Il 28 giugno 1914 l’Arciduca Francesco Ferdinando d’Asburgo fu assassinato a Sarajevo e la prima guerra mondiale ebbe inizio. Lo Zar dichiarò guerra alla Germania e all’Austria, spalleggiato dagli alleati francesi, inglesi, italiani e statunitensi. Il conflitto trovò completamente impreparato l’esercito russo. Nicola continuava a essere un sovrano pieno di insicurezze e spesso si appoggiava alla Zarina per un consiglio. Sapendo che Alessandra a sua volta si appoggiava all’onnipresente Rasputin, tutti pensarono che il monaco fosse arrivato ad avere il controllo totale su ogni questione concernente l’impero. Le ingenti perdite umane tra le truppe russe si dovevano alla scarsità di armi e addirittura all’inadeguatezza dei vestiti per i soldati, due gravissime carenze alle quali Nicola non riusciva a porre rimedio per la sua incapacità decisionale. Aveva paura di allontanare Rasputin e di mettere a repentaglio la vita di Alessio. Rifiutò di ascoltare i consigli dei parenti che continuavano a ripetergli di cacciare il monaco. Chi cacciò fu il capitano dell’esercito russo, Nicola Nikolajevic, perché aveva dimostrato una profonda avversione per Rasputin e di conseguenza per la stessa Zarina. Si narra che il monaco si fosse offerto di benedire i militari e che il capitano gli avesse risposto con il seguente messaggio: “Vieni pure. Ti farò impiccare”. L’imperatore fece un altro passo fatale verso la fine: lasciò la capitale per prendere il comando dell’esercito e, in pratica, abbandonò l’impero in balia della sua consorte e di Rasputin. Alessandra era ormai morbosamente legata al monaco e seguì alla lettera ogni suo consiglio. I licenziamenti all’interno del governo si susseguirono copiosi e le cariche, ovviamente, furono ricoperte da fedeli sostenitori di Rasputin. Chi già da tempo non vedeva di buon occhio la Zarina di origini tedesche pensò che la sovrana stesse facendo gli interessi della Germania. Bisogna ammetterlo: i veri responsabili della tragica fine dei Romanov sono i Romanov stessi. Rasputin fu solo molto abile ad approfittare di persone deboli e di una situazione già di per sé traballante.

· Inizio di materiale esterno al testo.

-- ===== src/MemPool/Fill.antt =====
-- Growing the pool: `createMemPool` and the second loop of `tuneMempool` append cleared chunks.
use aoq.Prelude.{
  ℕ, zero, suc, ◌+◌, ◌∙◌, sym, ap, ◌≡◌, refl, ◌≢◌, false, some, [], ◌∷◌, ◌++◌, arith, length,
  append-nil, append_assoc, replicate,
}
use mathlib.Core.Path.{ap₂}
use aoq.Heap.{Ptr, null, Heap, ok, Returns, read, Malloc}
use aoq.Heap.Chain.{
  node, Cells, first, last, has, Chain, Chain-write, not-has_of_none, set_next, set_next-last,
  last-append, values,
}
use aoq.MemPool.{
  Chunk, ChunkNode, Mem, MemPool, zeros, init_mem_pool, new_node, add_node, create_loop,
  create_mem_pool, grow_loop,
}
use aoq.MemPool.Pool.{IsPool, linked, link_tail-ok}

-- The chunks `xs` hang between the two pointers, which are both `NULL` when there is none.
pub record IsLinked (m : Mem) (xs : Cells Chunk) : Type 0 where
  pub chain : Chain m.chunks xs
  pub head : m.mp.head_next ≡ first xs
  pub tail : m.mp.tail_next ≡ last xs

-- What the loops leave alone while they add chunks.
pub record Grown (m : Mem) (m' : Mem) : Type 0 where
  pub size : m'.mp.size ≡ m.mp.size
  pub cksize : m'.mp.cksize ≡ m.mp.cksize
  pub used : m'.chunk_used_num ≡ m.chunk_used_num
  pub slabs : m'.slabs ≡ m.slabs

add_node-first :
    (m : Mem) (p : Ptr)
    → m.mp.tail_next ≡ null
    → add_node p m ≡ ok (record m { mp = record (m.mp) { head_next = p; tail_next = p } })
unfolding add_node
add_node-first m p e = ground arith

pub add_node-behind :
    (m : Mem) (p t : Ptr) (h : Heap ChunkNode)
    → t ≢ null
    → m.mp.tail_next ≡ t
    → set_next m.chunks t p ≡ ok h
    → add_node p m ≡ ok (linked m h p)
unfolding add_node
add_node-behind m p t h ne e run = ground (arith, link_tail-ok m p t h e run)

pub last-ne-null :
    (h : Heap ChunkNode) (x : Ptr × Chunk) (xs : Cells Chunk)
    → Chain h (x ∷ xs)
    → last (x ∷ xs) ≢ null
last-ne-null h (p, v) [] (ne, e, out, c) = ne
last-ne-null h (p, v) (y ∷ xs) (ne, e, out, c) = last-ne-null h y xs c

-- One round: the new chunk is the last.
add_node-IsLinked :
    (m : Mem) (p : Ptr) (c : Chunk) (xs : Cells Chunk)
    → IsLinked m xs
    → p ≢ null
    → read m.chunks p ≡ some (node c null)
    → has p xs ≡ false
    → Returns
        (add_node p m)
        λ m'. IsLinked m' (xs ++ ((p, c) ∷ [])) × Grown m m' × (m'.mp.total ≡ m.mp.total)
add_node-IsLinked m p c [] is ne r out = (
  _,
  add_node-first m p is.tail,
  (
    record { chain = (ne, r, refl, tt); head = refl; tail = refl },
    record { size = refl; cksize = refl; used = refl; slabs = refl },
    refl,
  ),
)
add_node-IsLinked m p c (x ∷ xs) is ne r out =
    let (h, run, (chain, same)) = set_next-last m.chunks x xs p c is.chain ne r out in
    (
      linked m h p,
      add_node-behind m p (last (x ∷ xs)) h (last-ne-null m.chunks x xs is.chain) is.tail run,
      (
        record { chain = chain; head = is.head; tail = sym (last-append (x ∷ xs) p c) },
        record { size = refl; cksize = refl; used = refl; slabs = refl },
        refl,
      ),
    )

module _ (malloc : Malloc ChunkNode) where
  new_node-IsLinked :
      (m : Mem) (xs : Cells Chunk)
      → IsLinked m xs
      → IsLinked (new_node malloc m).1 xs × (has (malloc.fresh m.chunks) xs ≡ false)
  unfolding new_node
  new_node-IsLinked m xs is =
      let out =
        not-has_of_none m.chunks xs (malloc.fresh m.chunks) is.chain
          (malloc.fresh_unused m.chunks) in
      (
        record { chain = Chain-write m.chunks xs _ _ is.chain out; head = is.head; tail = is.tail },
        out,
      )

  -- A round of either loop, from the allocation on.
  pub round-IsLinked :
      (m : Mem) (xs : Cells Chunk)
      → IsLinked m xs
      → Returns (let (p, grown) = new_node malloc m in add_node p grown) λ m'.
        IsLinked m' (xs ++ ((malloc.fresh m.chunks, zeros m.mp.cksize) ∷ []))
        × Grown m m'
        × (m'.mp.total ≡ m.mp.total)
  unfolding new_node read
  round-IsLinked m xs is =
      let (linked_still, out) = new_node-IsLinked m xs is in
      let (m', run, (is', grown, total)) =
        add_node-IsLinked _ _ (zeros m.mp.cksize) xs linked_still (malloc.fresh_ne_null m.chunks)
          (ground arith) out in
      (
        m',
        run,
        (
          is',
          record {
            size = grown.size;
            cksize = grown.cksize;
            used = grown.used;
            slabs = grown.slabs;
          },
          total,
        ),
      )

  -- `n` cleared chunks have joined the list `xs`.
  pub record Appended (n : ℕ) (m : Mem) (xs : Cells Chunk) (m' : Mem) : Type 0 where
    pub added : Cells Chunk
    pub linked : IsLinked m' (xs ++ added)
    pub cleared : values added ≡ replicate n (zeros m.mp.cksize)
    pub count : length added ≡ n
    pub grown : Grown m m'

  Appended-trans :
      (n : ℕ) (m m₁ m₂ : Mem) (xs : Cells Chunk) (p : Ptr)
      → Grown m m₁
      → Appended n m₁ (xs ++ ((p, zeros m.mp.cksize) ∷ [])) m₂
      → Appended (suc n) m xs m₂
  Appended-trans n m m₁ m₂ xs p g a = record {
    added = (p, zeros m.mp.cksize) ∷ a.added;
    linked = rw append_assoc at a.linked;
    cleared = ap (λ vs. zeros m.mp.cksize ∷ vs) (rw g.cksize at a.cleared);
    count = ap suc a.count;
    grown = record {
      size = a.grown.size ∙ g.size;
      cksize = a.grown.cksize ∙ g.cksize;
      used = a.grown.used ∙ g.used;
      slabs = a.grown.slabs ∙ g.slabs;
    };
  }

  Appended-zero : (m : Mem) (xs : Cells Chunk) → IsLinked m xs → Appended 0 m xs m
  Appended-zero m xs is = record {
    added = [];
    linked = rw append-nil is;
    cleared = refl;
    count = refl;
    grown = record { size = refl; cksize = refl; used = refl; slabs = refl };
  }

  pub create_loop-Appended :
      (n : ℕ) (m : Mem) (xs : Cells Chunk)
      → IsLinked m xs
      → Returns (create_loop malloc n m) (Appended n m xs)
  unfolding create_loop
  create_loop-Appended zero m xs is = (m, refl, Appended-zero m xs is)
  create_loop-Appended (suc n) m xs is =
      let (m₁, run₁, (is₁, grown, total)) = round-IsLinked m xs is in
      let (m₂, run₂, a) = create_loop-Appended n m₁ _ is₁ in
      (m₂, rw run₁ run₂, Appended-trans n m m₁ m₂ xs _ grown a)

  pub grow_loop-Appended :
      (n : ℕ) (m : Mem) (xs : Cells Chunk)
      → IsLinked m xs
      → Returns (grow_loop malloc n m) λ m'. Appended n m xs m' × (m'.mp.total ≡ m.mp.total + n)
  unfolding grow_loop
  grow_loop-Appended zero m xs is = (m, refl, (Appended-zero m xs is, omega arith))
  grow_loop-Appended (suc n) m xs is =
      let (m₁, run₁, (is₁, grown, total)) = round-IsLinked m xs is in
      let counted : Mem = record m₁ { mp = record (m₁.mp) { total = m₁.mp.total + 1 } } in
      let is' : IsLinked counted _ = record {
        chain = is₁.chain;
        head = is₁.head;
        tail = is₁.tail;
      } in
      let (m₂, run₂, (a, sum)) = grow_loop-Appended n counted _ is' in
      let grown' : Grown m counted = record {
        size = grown.size;
        cksize = grown.cksize;
        used = grown.used;
        slabs = grown.slabs;
      } in
      (m₂, rw run₁ run₂, (Appended-trans n m counted m₂ xs _ grown' a, omega (arith, sum, total)))

  -- After `initMemPool`, `createMemPool` returns a well-formed pool of `mpsize` free chunks, each of
  -- `cksize` zero bytes; the count of chunks in use stays, and the pool keeps the size of a chunk.
  pub create_mem_pool-IsPool :
      (m : Mem) (mpsize cksize : ℕ)
      → m.mp ≡ init_mem_pool mpsize cksize
      → Returns (create_mem_pool malloc m) λ m'.
        (xs : Cells Chunk) × IsPool m' xs
        × (values xs ≡ replicate mpsize (zeros cksize))
        × (m'.mp.total ≡ mpsize)
        × (m'.chunk_used_num ≡ m.chunk_used_num)
        × (m'.mp.cksize ≡ cksize)
  unfolding create_mem_pool init_mem_pool
  create_mem_pool-IsPool m mpsize cksize e =
      let start : IsLinked m [] = record {
        chain = tt;
        head = ap (λ (p : MemPool). p.head_next) e;
        tail = ap (λ (p : MemPool). p.tail_next) e;
      } in
      let size : m.mp.size ≡ mpsize = ap (λ (p : MemPool). p.size) e in
      let ck : m.mp.cksize ≡ cksize = ap (λ (p : MemPool). p.cksize) e in
      let (m', run, a) = create_loop-Appended m.mp.size m [] start in
      (
        record m' { mp = record (m'.mp) { total = m'.mp.size } },
        rw run,
        (
          a.added,
          record {
            chain = a.linked.chain;
            head = a.linked.head;
            tail = λ _. a.linked.tail;
            total = a.grown.size ∙ sym a.count;
          },
          a.cleared ∙ ap₂ (λ n c. replicate n (zeros c)) size ck,
          a.grown.size ∙ size,
          a.grown.used,
          a.grown.cksize ∙ ck,
        ),
      )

Dopo questa veloce analisi dei fatti storici è facile comprendere perché i membri della famiglia reale vicini alla coppia Alessandra-Nicola decisero che il monaco doveva essere eliminato. Ancora oggi non è chiaro chi effettivamente progettò e prese parte al complotto, ma si conoscono con certezza gli esecutori materiali. La morte di Rasputin è celebre perché è una delle più cruente e macchinose che la storia ricordi. Infatti il monaco, protetto da forze oscure o semplicemente dotato di una fibra molto forte, mise in seria difficoltà i suoi assassini.